▶ **Exercise details**
On how many lines of the records below does the string "fits" appear? Reply with only the number.

[Excerpted records]

-- ===== src/Server/Handler/Guarded.antt =====
-- What a request can do at all.
use lanxfer.Base.{
  ◌≡◌, ◌⊎◌, refl, sym, ap, subst, ◌∙◌, inl, inr, Bool, true, false, some, Text, arith, Bool-cases,
  lookup, text_eq, text_eq_iff,
}
use lanxfer.Netaddr.{Addr, unmap}
use lanxfer.Netguard.{NetText, is_allowed_remote, parse_remote}
use lanxfer.Netguard.Ranges.{IsLocal, is_allowed_remote_iff}
use lanxfer.Server.Storage.{Dir, Node, System}
use lanxfer.Server.Storage.Save.{IsFresh, Stored, Remains}
use lanxfer.Server.Extract.Growth.{IsBounded}
use lanxfer.Server.Requests.{
  Config, Env, World, Request, Response, only, Route, put_file, put_dir, post_message, post_history,
  get_peers, unknown,
}
use lanxfer.Server.Uploads.Outcome.{
  PutOutcome, PutDirOutcome, handle_put-PutOutcome, handle_put_dir-PutDirOutcome,
}
use lanxfer.Server.Messages.Delivered.{handle_message-MessageOutcome}
use lanxfer.Server.Messages.Delivered.Shown.{MessageOutcome}
use lanxfer.Server.Local.{handle_local_peers}
use lanxfer.Server.Local.Reported.{handle_local_history-LocalOutcome, LocalOutcome}
use lanxfer.Server.Handler.{when, dispatch, serve}

-- Every entry of the receive folder is still there, unchanged.
abbrev pub Keeps : Dir → Dir → Type 0
Keeps d d' = (k : Text) (n : Node) → lookup k d ≡ some n → lookup k d' ≡ some n

Stored-Keeps : (n : Node) (d : Dir) (final : Text) (d' : Dir) → Stored n d final d' → Keeps d d'
Stored-Keeps n d final d' (was_free, after) k m h = elim (Bool-cases (text_eq final k)) [
  | inl e ↦
      let same : final ≡ k = (text_eq_iff final k).0 e in
      absurd (cc (h, ap (λ x. lookup x d) same, was_free))
  | inr e ↦ after k ∙ (rw e h)
]

Remains-Keeps : (sys : System) (is_dir : Bool) (d d' : Dir) → Remains sys is_dir d d' → Keeps d d'
Remains-Keeps sys is_dir d d' (p, left) k n h = elim (left k) [
  | inl same ↦ same ∙ h
  | inr (free, l) ↦ absurd (cc (h, free))
]

equal-Keeps : (d d' : Dir) → d' ≡ d → Keeps d d'
equal-Keeps d d' e k n h = ap (lookup k) e ∙ h

put-Keeps :
    (cfg : Config) (env : Env) (r : Request) (w : World) (res : Response × World)
    → PutOutcome cfg env r w res
    → Keeps w.dir res.1.dir
put-Keeps cfg env r w res (inl (final, a, l, f, b, (stored, told))) =
    Stored-Keeps _ _ final _ stored
put-Keeps cfg env r w res (inr (other, kept)) =
    Remains-Keeps env.sys false w.dir res.1.dir kept.same_dir

put_dir-Keeps :
    (cfg : Config) (env : Env) (r : Request) (w : World) (res : Response × World)
    → PutDirOutcome cfg env r w res
    → Keeps w.dir res.1.dir
put_dir-Keeps cfg env r w res (inl (got, ex, a, l, f, u, c, (stored, told))) =
    Stored-Keeps _ _ got.final _ stored
put_dir-Keeps cfg env r w res (inr (other, kept)) =
    Remains-Keeps env.sys true w.dir res.1.dir kept.same_dir

message-Keeps :
    (v : Text → Bool) (cfg : Config) (env : Env) (r : Request) (w : World) (res : Response × World)
    → MessageOutcome v cfg env r w res
    → res.1.dir ≡ w.dir
message-Keeps v cfg env r w res (inl (remote, a, b, c, d, e, f, (kept, told))) = told.same_dir
message-Keeps v cfg env r w res (inr (other, un, h)) = un.same_dir

local-Keeps :
    (cfg : Config) (env : Env) (r : Request) (w : World) (res : Response × World)
    → LocalOutcome cfg env r w res
    → res.1.dir ≡ w.dir
local-Keeps cfg env r w res (inl (e, q, (after, answered))) = ap (λ (z : World). z.dir) after
local-Keeps cfg env r w res (inr (un, (a, b, after))) = ap (λ (z : World). z.dir) after

when-Keeps :
    (b : Bool) (w : World) (res : Response × World)
    → Keeps w.dir res.1.dir
    → Keeps w.dir (when b res w).1.dir
unfolding when
when-Keeps true w res h = h
when-Keeps false w res h = λ k n e. e

peers_same :
    (env : Env) (peers_json : Text) (r : Request) (w : World)
    → (handle_local_peers env peers_json r w).1 ≡ w
unfolding handle_local_peers
peers_same env peers_json r w = ground arith

dispatch-Keeps :
    (v : Text → Bool) (peers_json : Text) (route : Route) (cfg : Config) (env : Env) (r : Request)
    (w : World)
    → IsBounded r.stream.items
    → IsFresh env.sys w.dir
    → env.sys.remove_ok ≡ true
    → Keeps w.dir (dispatch v peers_json route cfg env r w).1.dir
unfolding dispatch
dispatch-Keeps v pj put_file cfg env r w b fresh removes =
    put-Keeps cfg env r w _ (handle_put-PutOutcome cfg env r w fresh removes)
dispatch-Keeps v pj put_dir cfg env r w b fresh removes =
    put_dir-Keeps cfg env r w _ (handle_put_dir-PutDirOutcome cfg env r w b fresh removes)
dispatch-Keeps v pj post_message cfg env r w b fresh removes =
    when-Keeps cfg.has_inbox w _ (
      equal-Keeps _ _ (message-Keeps v cfg env r w _ (handle_message-MessageOutcome v cfg env r w)))
dispatch-Keeps v pj post_history cfg env r w b fresh removes =
    when-Keeps cfg.has_history w _
      (equal-Keeps _ _ (local-Keeps cfg env r w _ (handle_local_history-LocalOutcome cfg env r w)))
dispatch-Keeps v pj get_peers cfg env r w b fresh removes =
    when-Keeps cfg.has_peers w _
      (equal-Keeps _ _ (ap (λ (z : World). z.dir) (peers_same env pj r w)))
dispatch-Keeps v pj unknown cfg env r w b fresh removes = λ k n e. e

-- The requests that reach the router.
abbrev pub Admitted : NetText → Request → Type 0
Admitted net r =
    (r.has_origin ≡ false)
    × ((ip : Addr) × (parse_remote net r.remote_addr ≡ some ip) × IsLocal (unmap ip))

pub serve_admitted :
    (v : Text → Bool) (peers_json : Text) (cfg : Config) (env : Env) (r : Request) (w : World)
    → is_allowed_remote env.net r.remote_addr ≡ true
    → r.has_origin ≡ false
    → serve v peers_json cfg env r w ≡ dispatch v peers_json r.route cfg env r w
unfolding serve
serve_admitted v pj cfg env r w a o = rw (a, o, serve) refl

-- A request is either refused with 403 and leaves everything as it was, or it carries no Origin
-- header and comes from a private, loopback or link-local address; and whatever it asks for, every
-- file and folder that was received before is still there, unchanged. The tar reader is assumed to
-- yield at most the bytes that a header declares, and the operating system to make temporary names
-- that are not in use and not to fail at removing the reserved placeholder.
pub serve-Admitted :
    (v : Text → Bool) (peers_json : Text) (cfg : Config) (env : Env) (r : Request) (w : World)
    → IsBounded r.stream.items
    → IsFresh env.sys w.dir
    → env.sys.remove_ok ≡ true
    → ((serve v peers_json cfg env r w ≡ (only 403, w)) ⊎ Admitted env.net r)
      × Keeps w.dir (serve v peers_json cfg env r w).1.dir
unfolding serve
serve-Admitted v pj cfg env r w b fresh removes =
    elim (Bool-cases (is_allowed_remote env.net r.remote_addr)) [
      | inr a ↦ rw (a, serve) (inl refl, λ k n e. e)
      | inl a ↦ elim (Bool-cases r.has_origin) [
        | inl o ↦ rw (a, o, serve) (inl refl, λ k n e. e)
        | inr o ↦ (
          inr (o, (is_allowed_remote_iff env.net r.remote_addr).0 a),
          subst (λ (res : Response × World). Keeps w.dir res.1.dir)
              (sym (serve_admitted v pj cfg env r w a o))
              (dispatch-Keeps v pj r.route cfg env r w b fresh removes),
        )
      ]
    ]
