-- ===== src/Client/Send/Receiver.antt =====
-- What a receiver makes of the request of a send, and what the sender is answered.
use lanxfer.Base.{
  ℕ, refl, sym, subst, inl, inr, Bool, true, false, [], ◌∷◌, ◌++◌, Option, some, Text,
  if◌then◌else◌, Bool-cases,
}
use lanxfer.History.{newline}
use lanxfer.Netguard.{is_allowed_remote}
use lanxfer.Server.Extract.{Stream}
use lanxfer.Server.Requests.{Config, Env, World, Request, Response, only}
use lanxfer.Server.Handler.{dispatch, serve}
use lanxfer.Server.Handler.Guarded.{serve_admitted}
use lanxfer.Client.Send.{Outgoing, Answer}

-- A connection to a receiver. `declare` is what net/http makes of the length of a request with a
-- body; `remote` and `host` are what the receiver sees of the sender, and `body`, as a tar reader
-- reads it `stream`, is what the sender writes.
pub record Connection : Type 0 where
  pub utf8_valid : Text → Bool
  pub peers_json : Text
  pub cfg : Config
  pub env : Env
  pub world : World
  pub declare : ℕ → Option ℕ
  pub remote : Text
  pub host : Text
  pub body : Text
  pub stream : Stream

-- The request as the receiver gets it, with the whole body.
abbrev pub carried : Connection → Outgoing → Request
carried c o = record {
  route = o.route;
  name = o.name;
  remote_addr = c.remote;
  host = c.host;
  from = o.from;
  from_id = o.from_id;
  has_origin = false;
  is_json = false;
  content_length = c.declare o.content_length;
  body = c.body;
  body_ok = true;
  stream = c.stream;
}

-- What the receiver answers, and what it is then.
abbrev pub reached : Connection → Outgoing → Response × World
reached c o = serve c.utf8_valid c.peers_json c.cfg c.env (carried c o) c.world

-- Every address that is allowed is told the ID, and a reply ends with a newline.
abbrev pub reply_of : Connection → Response → Answer
reply_of c r = record {
  status = r.status;
  id = if is_allowed_remote c.env.net c.remote then c.cfg.device_id else [];
  body = r.reply ++ newline ∷ [];
}

abbrev pub answer_to : Connection → Outgoing → Option Answer
answer_to c o = some (reply_of c (reached c o).0)

-- A request is refused by the guards, or comes to its handler.
pub served :
    (P : Response × World → Type 0) (c : Connection) (o : Outgoing)
    → P (only 403, c.world)
    → P (dispatch c.utf8_valid c.peers_json o.route c.cfg c.env (carried c o) c.world)
    → P (reached c o)
unfolding serve
served P c o forbidden admitted = elim (Bool-cases (is_allowed_remote c.env.net c.remote)) [
  | inr a ↦ rw (a, serve) forbidden
  | inl a ↦
      subst P
        (sym (serve_admitted c.utf8_valid c.peers_json c.cfg c.env (carried c o) c.world a refl))
        admitted
]
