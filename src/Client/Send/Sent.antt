-- ===== src/Client/Send/Sent.antt =====
-- A send of a file or a folder, and the receiver that answers it.
use lanxfer.Base.{
  ℕ, take, ◌≤◌, ◌≡◌, ◌≢◌, ◌⊎◌, refl, sym, ap, subst, ◌∙◌, inl, inr, Bool, true, false, not, [], ◌∷◌,
  ◌++◌, Option, none, some, Text, length, arith, if◌then◌else◌, Result, ok, err,
}
use lanxfer.History.{newline}
use lanxfer.Server.Storage.{file}
use lanxfer.Server.Storage.Save.{IsFresh}
use lanxfer.Server.Requests.{World, Response, put_file}
use lanxfer.Server.Uploads.{file_entry}
use lanxfer.Server.Uploads.Outcome.{PutOutcome, handle_put-PutOutcome}
use lanxfer.Server.Uploads.Outcome.Receipts.{Receipt, Kept, kept}
use lanxfer.Server.Handler.{dispatch}
use lanxfer.Client.Send.Receiver.{Connection, carried, reached, reply_of, answer_to, served}
use lanxfer.Client.Send.{
  SendResult, SendOptions, Outgoing, Answer, SendError, LocalFile, send_result, file_answer,
  bad_request, send_opened, send_examined, send, max_reply, outgoing, answered,
}

file_answer-created :
    (trim_space : Text → Text) (size : ℕ) (a : Answer)
    → a.status ≡ 201
    → file_answer trim_space size (some a) ≡ ok (send_result trim_space size a)
unfolding file_answer
file_answer-created trim_space size a h = ground (arith, h)

file_answer-refused :
    (trim_space : Text → Text) (size : ℕ) (a : Answer)
    → a.status ≢ 201
    → file_answer trim_space size (some a) ≡ err (answered a.status)
unfolding file_answer
file_answer-refused trim_space size a h = ground (arith, h)

send-opened :
    (trim_space : Text → Text) (is_valid : Outgoing → Bool) (exchange : Outgoing → Option Answer)
    (f : LocalFile) (name : Text) (opts : SendOptions) (size : ℕ)
    → f.stat ≡ some (true, size)
    → f.opens ≡ true
    → is_valid (outgoing put_file name size opts) ≡ true
    → send trim_space is_valid exchange f name opts
      ≡ file_answer trim_space size (exchange (outgoing put_file name size opts))
unfolding send_opened send_examined send
send-opened trim_space is_valid exchange f name opts size s o v =
    ap (send_examined trim_space is_valid exchange f.opens name opts) s
    ∙ ap (λ b. send_opened trim_space is_valid exchange b name opts true size) o
    ∙ ap
        (λ b.
          if not b
          then err bad_request
          else file_answer trim_space size (exchange (outgoing put_file name size opts)))
        v

module _ (trim_space : Text → Text) (is_valid : Outgoing → Bool) (c : Connection) (name : Text)
    (opts : SendOptions) where
  abbrev pub file_request : Outgoing
  file_request = outgoing put_file name (length c.body) opts

  -- The file of the body was received under a free name that the result tells, or the send failed
  -- and nothing has changed but for what could not be closed or removed.
  abbrev pub SendOutcome : Result SendError SendResult → Response × World → Type 0
  SendOutcome res after =
      ((got : SendResult) × (final : Text) × (res ≡ ok got)
        × (got.remote_name ≡ trim_space (take max_reply (final ++ newline ∷ [])))
        × (got.size ≡ length c.body)
        × (c.body ≢ [])
        × (length c.body ≤ c.cfg.max_size)
        × Receipt c.cfg c.env (carried c file_request) (file c.body)
            (file_entry c.env name final (length c.body)) final c.world after.1)
      ⊎ ((e : SendError) × (res ≡ err e) × Kept c.env.sys false c.world after.1)

  answered-SendOutcome :
      (after : Response × World)
      → c.declare 0 ≡ none
      → PutOutcome c.cfg c.env (carried c file_request) c.world after
      → SendOutcome (file_answer trim_space (length c.body) (some (reply_of c after.0))) after
  unfolding outgoing send_result
  answered-SendOutcome after unknown (inl (final, e, len, fits, whole, got)) = inl (
    send_result trim_space (length c.body) (reply_of c after.0),
    final,
    file_answer-created trim_space (length c.body) (reply_of c after.0)
        (ap (λ (r : Response). r.status) e),
    ap (λ (r : Response). trim_space (take max_reply (r.reply ++ newline ∷ []))) e,
    refl,
    (λ z. cc (sym unknown ∙ ap (λ (b : Text). c.declare (length b)) (sym z) ∙ len)),
    fits,
    got,
  )
  answered-SendOutcome after unknown (inr (other, same)) = inr (
    answered after.0.status,
    file_answer-refused trim_space (length c.body) (reply_of c after.0) other,
    same,
  )

  -- If the request and the answer of the receiver arrive whole, Send of a file that is regular, can
  -- be read and keeps its size while it is sent either returns without an error, and then the
  -- receiver has the bytes of the file, which are not none, under a name that was free and that the
  -- result tells but for spaces at its ends, and has recorded it; or it returns an error, and then
  -- the receiver has changed nothing, but that an empty placeholder may stay under one free name if
  -- its close failed, and the temporary file if its removal failed. net/http is assumed to send a
  -- request that has a body and length 0 without a length, and the receiver's system to make
  -- temporary names that are not in use and not to fail at removing a placeholder that it closed.
  pub send-SendOutcome :
      (f : LocalFile)
      → f.stat ≡ some (true, length c.body)
      → f.opens ≡ true
      → is_valid file_request ≡ true
      → c.declare 0 ≡ none
      → IsFresh c.env.sys c.world.dir
      → c.env.sys.remove_ok ≡ true
      → SendOutcome (send trim_space is_valid (answer_to c) f name opts) (reached c file_request)
  unfolding outgoing dispatch
  send-SendOutcome f s o v unknown fresh removes =
      subst (λ (res : Result SendError SendResult). SendOutcome res (reached c file_request))
        (sym (send-opened trim_space is_valid (answer_to c) f name opts (length c.body) s o v))
        (answered-SendOutcome (reached c file_request) unknown (
          served (PutOutcome c.cfg c.env (carried c file_request) c.world) c file_request
            (inr (ground arith, kept c.env.sys false c.world))
            (handle_put-PutOutcome c.cfg c.env (carried c file_request) c.world fresh removes)))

[/Excerpted records]

▶ **Solved exercise**
2